Required work:
Working from the entries below, give again each line from the first through the one containing "sequential parallel : BatchMode", exactly and with nothing else.
§
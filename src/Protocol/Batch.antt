-- ===== src/Protocol/Batch.antt =====
-- packages/process-execution-protocol/src/batch.rs: validation and dispatch of single operations and
-- batches. JSON values, and what the runtime answers to an operation, are parameters; a runtime's
-- state is threaded through its operations.
pub mod Validation
pub mod Dispatch
pub mod Reach
mod Tests
use Prim.Native.String.{len}
use execution_provider.Prelude.{
  ℕ, String, Bool, true, false, ◌&&◌, ◌||◌, not, Option, none, some, List, [], ◌∷◌, ltb, leb, eqb,
  if◌then◌else◌, length, is_empty, any, all, ◌==◌, string_eq,
}
use execution_provider.Core.Errors.{
  Error, ErrorCode, error, invalid, Result, ok, err, ◌>>=◌, ◌>>◌, fail_if,
}
use execution_provider.Core.Types.{Uuid}
use execution_provider.Protocol.Limits.{version, max_frame_bytes}
use execution_provider.Protocol.Operations.{Operation, is_shutdown, is_terminate_run}

abbrev pub max_batch_operations : ℕ
max_batch_operations = 32

pub data BatchMode : Type 0 where
  sequential parallel : BatchMode

pub record BatchOperation : Type 0 where
  pub request_id : String
  pub operation : Operation

pub record Batch : Type 0 where
  pub mode : BatchMode
  pub accepted_error_codes : List ErrorCode
  pub operations : List BatchOperation

pub data Payload : Type 0 where
  single : Operation → Payload
  batch : Batch → Payload

pub record Request : Type 0 where
  pub protocol_version : ℕ
  pub request_id : String
  pub expected_generation_id : Option Uuid
  pub payload : Payload

abbrev requests_shutdown_payload : Payload → Bool
requests_shutdown_payload (Payload.single operation) = is_shutdown operation
requests_shutdown_payload (Payload.batch b) = false

abbrev pub requests_shutdown : Request → Bool
requests_shutdown r = requests_shutdown_payload r.payload

-- `validate_id`
unfoldable pub validate_id : String → Result (Unit {0})
validate_id id =
    fail_if (eqb (len id) 0 || ltb 256 (len id)) (invalid "request_id must contain 1 to 256 bytes")

-- The loop of `validate` over a batch, with the identifiers seen so far.
validate_items : List String → List BatchOperation → Result (Unit {0})
unfolding validate_id
validate_items ids [] = ok tt
validate_items ids (item ∷ rest) =
    let later = validate_items (item.request_id ∷ ids) rest in
    do
      validate_id item.request_id
      fail_if (any (λ id. id == item.request_id) ids) (invalid "batch request IDs must be unique")
      fail_if (is_shutdown item.operation) (invalid "runtime.shutdown cannot be batched")
      fail_if (is_terminate_run item.operation)
          (invalid "execution.terminate_run cannot be batched")
      later

validate_payload : Bool → Payload → Result (Unit {0})
unfolding validate_items
validate_payload allow_shutdown (Payload.single operation) =
    fail_if (is_shutdown operation && not allow_shutdown)
      (invalid "runtime.shutdown is a local administration operation")
validate_payload allow_shutdown (Payload.batch b) = do
  fail_if (is_empty b.operations || ltb max_batch_operations (length b.operations))
      (invalid "batches require 1 to 32 operations")
  validate_items [] b.operations

abbrev expects_other : Option Uuid → Uuid → Bool
expects_other none generation = false
expects_other (some id) generation = not (eqb id generation)

-- `Dispatcher::validate`, for a dispatcher's `allow_shutdown` and its runtime's generation. The
-- version's number in the message is left out.
unfoldable pub validate : Bool → Uuid → Request → Result (Unit {0})
unfolding validate_id validate_payload
validate allow_shutdown generation request = do
  fail_if (not (eqb request.protocol_version version)) (invalid "unsupported protocol version")
  validate_id request.request_id
  fail_if (expects_other request.expected_generation_id generation)
      (error ErrorCode.generation_mismatch "supervisor generation changed")
  validate_payload allow_shutdown request.payload

abbrev code_number : ErrorCode → ℕ
code_number ErrorCode.not_found = 0
code_number ErrorCode.invalid_argument = 1
code_number ErrorCode.invalid_state = 2
code_number ErrorCode.generation_mismatch = 3
code_number ErrorCode.idempotency_conflict = 4
code_number ErrorCode.precondition_failed = 5
code_number ErrorCode.stdin_closed = 6
code_number ErrorCode.unsupported_operation = 7
code_number ErrorCode.resource_limit = 8
code_number ErrorCode.unavailable = 9
code_number ErrorCode.io = 10

-- `==` on error codes.
abbrev pub same_code : ErrorCode → ErrorCode → Bool
same_code a b = eqb (code_number a) (code_number b)

pub data OperationOutcome (V : Type 0) : Type 0 where
  done : V → OperationOutcome V
  failed : Error → OperationOutcome V
  skipped : String → OperationOutcome V

pub record OperationResponse (V : Type 0) : Type 0 where
  pub request_id : String
  pub outcome : OperationOutcome V

pub data Outcome (V : Type 0) : Type 0 where
  done : V → Outcome V
  failed : Error → Outcome V

pub record Response (V : Type 0) : Type 0 where
  pub protocol_version : ℕ
  pub request_id : Option String
  pub generation_id : Uuid
  pub outcome : Outcome V

abbrev bounded_id : Option String → Option String
bounded_id none = none
bounded_id (some id) = if leb (len id) 256 then some id else none

abbrev outcome_of : {V : Type 0} → Result V → Outcome V
outcome_of (ok value) = Outcome.done value
outcome_of (err e) = Outcome.failed e

-- `Response::new`
unfoldable pub new_response : {V : Type 0} → Option String → Uuid → Result V → Response V
new_response request_id generation_id result = record {
  protocol_version = version;
  request_id = bounded_id request_id;
  generation_id = generation_id;
  outcome = outcome_of result;
}

-- JSON values, of which the dispatcher reads the text of a field and builds a batch's result; and the
-- runtime: what it answers to an operation, and to several at once. `buffered` yields the answers in
-- the order of the operations.
module _ {V S : Type 0} (status : V → Option String)
    (batch_value : Bool → List (OperationResponse V) → V) (operation : Operation → S → Result V × S)
    (concurrently : List BatchOperation → S → List (OperationResponse V) × S) where
  abbrev pub is_failure_status : Option String → Bool
  is_failure_status none = false
  is_failure_status (some text) = text == "rejected" || text == "partial"

  abbrev pub outcome_succeeded : List ErrorCode → OperationOutcome V → Bool
  outcome_succeeded accepted (OperationOutcome.done result) =
      not (is_failure_status (status result))
  outcome_succeeded accepted (OperationOutcome.failed e) =
      any (λ code. same_code code e.code) accepted
  outcome_succeeded accepted (OperationOutcome.skipped reason) = false

  abbrev item_outcome : Result V → OperationOutcome V
  item_outcome (ok result) = OperationOutcome.done result
  item_outcome (err e) = OperationOutcome.failed e

  -- `Dispatcher::item`
  unfoldable pub item : BatchOperation → S → OperationResponse V × S
  item i s =
      let (result, s') = operation i.operation s in
      (record { request_id = i.request_id; outcome = item_outcome result }, s')

  abbrev pub skip : BatchOperation → OperationResponse V
  skip i = record {
    request_id = i.request_id;
    outcome = OperationOutcome.skipped "a previous operation failed";
  }

  -- The loop of the sequential mode, with its flag `failed`, here `stopped`.
  unfoldable pub run_sequential :
      List ErrorCode → Bool → List BatchOperation → S → List (OperationResponse V) × S
  unfolding item
  run_sequential accepted stopped [] s = ([], s)
  run_sequential accepted stopped (i ∷ rest) s =
      let (response, s') = if stopped then (skip i, s) else item i s in
      let (responses, s'') =
        run_sequential accepted (stopped || not (outcome_succeeded accepted response.outcome)) rest
          s' in
      (response ∷ responses, s'')

  run_mode : BatchMode → List ErrorCode → List BatchOperation → S → List (OperationResponse V) × S
  unfolding run_sequential
  run_mode BatchMode.sequential accepted items s = run_sequential accepted false items s
  run_mode BatchMode.parallel accepted items s = concurrently items s

  -- `Dispatcher::batch`
  unfoldable pub run_batch : Batch → S → Result V × S
  unfolding run_mode
  run_batch b s =
      let (results, s') = run_mode b.mode b.accepted_error_codes b.operations s in
      let succeeded = all (λ r. outcome_succeeded b.accepted_error_codes r.outcome) results in
      (ok (batch_value succeeded results), s')

  run_payload : Payload → S → Result V × S
  unfolding run_batch
  run_payload (Payload.single op) s = operation op s
  run_payload (Payload.batch b) s = run_batch b s

  abbrev run_valid : Result (Unit {0}) → Payload → S → Result V × S
  unfolding run_payload
  run_valid (ok valid) payload s = run_payload payload s
  run_valid (err e) payload s = (err e, s)

  -- `Dispatcher::dispatch`
  unfoldable pub dispatch : Bool → Uuid → Request → S → Response V × S
  unfolding validate run_payload
  dispatch allow_shutdown generation request s =
      let (result, s') = run_valid (validate allow_shutdown generation request) request.payload s in
      (new_response (some request.request_id) generation result, s')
§
Task response:
filename src/Protocol/Batch.antt
-- ===== src/Protocol/Batch.antt =====
-- packages/process-execution-protocol/src/batch.rs: validation and dispatch of single operations and
-- batches. JSON values, and what the runtime answers to an operation, are parameters; a runtime's
-- state is threaded through its operations.
pub mod Validation
pub mod Dispatch
pub mod Reach
mod Tests
use Prim.Native.String.{len}
use execution_provider.Prelude.{
  ℕ, String, Bool, true, false, ◌&&◌, ◌||◌, not, Option, none, some, List, [], ◌∷◌, ltb, leb, eqb,
  if◌then◌else◌, length, is_empty, any, all, ◌==◌, string_eq,
}
use execution_provider.Core.Errors.{
  Error, ErrorCode, error, invalid, Result, ok, err, ◌>>=◌, ◌>>◌, fail_if,
}
use execution_provider.Core.Types.{Uuid}
use execution_provider.Protocol.Limits.{version, max_frame_bytes}
use execution_provider.Protocol.Operations.{Operation, is_shutdown, is_terminate_run}

abbrev pub max_batch_operations : ℕ
max_batch_operations = 32

pub data BatchMode : Type 0 where
  sequential parallel : BatchMode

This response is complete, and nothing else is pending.